What's up fellow shirt designers, if you are looking for labels to have sewn onto your t shirts with your company Logo and care instructions i have the place for you. NWtag.com they created my labels and they came out great. High quality slightly heavy material but they give you options so you can find the one that fits your product. The Turn around is sort of slow so order the labels early, mines took about 3 weeks to be at my door but for the price you cannot beat it. If you know a cheaper place that has low minimums let us all know. Here are a few pictures of my tags, I bought 250 labels with my company name on them with 250 S, 250 M, 250 L stock labels for $108 dollars.


----------



## Rodney (Nov 3, 2004)

*Re: Get Labels made for a great price at low Minimums..*

How much did you pay for 250 labels?


----------



## pete219 (Feb 8, 2008)

*Re: Get Labels made for a great price at low Minimums..*



Rodney said:


> How much did you pay for 250 labels?


I called customer service and she said the price for 250 is about 38.00 bucks(that's for starters)!! The price goes up once you get into the more custom stuff.
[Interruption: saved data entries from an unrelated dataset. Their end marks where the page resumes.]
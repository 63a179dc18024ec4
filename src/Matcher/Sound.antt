-- ===== src/Matcher/Sound.antt =====
-- The invariant of a trip that a matcher drives, and that a push keeps it.
use routers.Common.{
  suc, ◌<◌, ◌≡◌, refl, ap, List, [], ◌∷◌, ◌++◌, map, arith, length, u32_mod, as_u32,
}
use routers.Common.Outcome.{Outcome, ok, err, panic}
use routers.Trellis.Types.{LayerId, TrellisError}
use routers.Trellis.Graph.{Trellis}
use routers.Trellis.Edit.{fill_nodes}
use routers.Trip.Phase.{TripState, empty, building, solved, grow}
use routers.Trip.Store.{Candidate}
use routers.Trip.State.{Origin, Trip, new_trip, push_layer, land, stamp, emission_weight}
use routers.Trip.Certificate.{IsCertificate}
use routers.Trip.Aligned.{IsAligned, push_layer-Pushed, Pushed}

-- A solved state holds a certificate.
abbrev pub IsCertified : TripState → Type 0
IsCertified empty = Unit
IsCertified (building t) = Unit
IsCertified (solved s) = IsCertificate s

module _ {Edge Point : Type 0} where
  pub record IsSound (trip : Trip Edge Point) : Type 0 where
    pub aligned : IsAligned trip
    pub certified : IsCertified trip.state

  pub new_trip-IsSound : IsSound new_trip
  new_trip-IsSound = record { aligned = record { paired = refl; mirrored = refl }; certified = tt }

  -- What a push that succeeds writes.
  abbrev Lands :
      Origin Point
      → Trip Edge Point
      → Outcome (TrellisError × Trip Edge Point) (LayerId × Trip Edge Point)
      → Type 0
  Lands origin trip (ok (id, after)) =
      (after.origins ≡ trip.origins ++ (origin ∷ [])) × IsCertified after.state
  Lands origin trip (err r) = Unit
  Lands origin trip panic = Unit

  push_layer-Lands :
      (origin : Origin Point) (cs : List (Candidate Edge Point)) (trip : Trip Edge Point)
      → Lands origin trip (push_layer origin cs trip)
  unfolding push_layer
  push_layer-Lands origin cs trip = of_grown (grow (as_u32 (length cs)) trip.state)
    where
      of_filled :
          (t : Trellis) (id : LayerId) (r : Outcome TrellisError Trellis)
          → Lands origin trip (elim r [
            | panic ↦ panic
            | err e ↦ err (e, record trip { state = empty })
            | ok u ↦ ok (
              id,
              record {
                origins = trip.origins ++ (origin ∷ []);
                candidates = record { layers = trip.candidates.layers ++ (stamp id 0 cs ∷ []) };
                state = building u;
              },
            )
          ])
      of_filled t id (ok u) = (refl, tt)
      of_filled t id (err e) = tt
      of_filled t id panic = tt

      of_grown :
          (g : Outcome (TrellisError × TripState) (Trellis × LayerId))
          → Lands origin trip (land origin cs trip g)
      of_grown panic = unfold land in tt
      of_grown (err r) = unfold land in tt
      of_grown (ok (t, id)) =
          unfold land in of_filled t id (fill_nodes id (map emission_weight (stamp id 0 cs)) t)

  -- A push that succeeds: a sound trip with the observation added.
  pub record IsPushed (origin : Origin Point) (trip after : Trip Edge Point) (id : LayerId)
      : Type 0 where
    pub sound : IsSound after
    pub id_eq : id ≡ length trip.origins
    pub origins_eq : after.origins ≡ trip.origins ++ (origin ∷ [])
    pub count : length after.origins ≡ suc (length trip.origins)

  pub push_layer-IsPushed :
      (origin : Origin Point) (c : Candidate Edge Point) (cs : List (Candidate Edge Point))
      (trip : Trip Edge Point)
      → IsAligned trip
      → length (c ∷ cs) < u32_mod
      → length trip.origins < u32_mod
      → (id : LayerId) × (after : Trip Edge Point) × (push_layer origin (c ∷ cs) trip
          ≡ ok (id, after))
        × IsPushed origin trip after id
  push_layer-IsPushed origin c cs trip a word small =
      of_result (push_layer origin (c ∷ cs) trip)
        (push_layer-Pushed origin (c ∷ cs) trip a word small)
        (push_layer-Lands origin (c ∷ cs) trip)
    where
      not_nil : (c ∷ cs) ≡ [] → ⊥
      not_nil e = absurd (omega (arith, ap length e))

      of_result :
          (r : Outcome (TrellisError × Trip Edge Point) (LayerId × Trip Edge Point))
          → Pushed trip (c ∷ cs) r
          → Lands origin trip r
          → (id : LayerId) × (after : Trip Edge Point) × (r ≡ ok (id, after))
            × IsPushed origin trip after id
      of_result (ok (id, after)) p l = (
        id,
        after,
        refl,
        record {
          sound = record { aligned = p.0; certified = l.1 };
          id_eq = p.1;
          origins_eq = l.0;
          count = p.2;
        },
      )
      of_result (err r) p l = absurd (not_nil p)
      of_result panic p l = absurd p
She also told me that most of their prices are on their website, but you can call or send an email for custom stuff.. There is also a set-up fee.


----------



## vexx78 (Oct 15, 2008)

Nice, I got my tags from there also. They took a long time with my order but it came out great. The material I used was the B class and I think I'll go with a better quality next time. It got 500 made for $175. How did you get them to make it with the care instructions on the bottom like that? I just got one with the brand printed on one side.


----------



## lburton3 (Aug 14, 2008)

Wow, that sounds like a really good deal and they look pretty nice, but the expensive part is getting the original tags removed and yours sewn in, right?


----------



## elusive (Mar 20, 2007)

The labels aren't all THAT great. They print onto the labels, and are not woven. I ordered my labels from NWtag thinking that the quality would be great, but you get what you pay for, I guess. My logo and care instructions began to fade off the tag after two washes.


----------



## Solmu (Aug 15, 2005)

elusive said:


> My logo and care instructions began to fade off the tag after two washes.


Unfortunately if that's the case, the label can't legally be used, as it needs to last "the useful life of the garment".


----------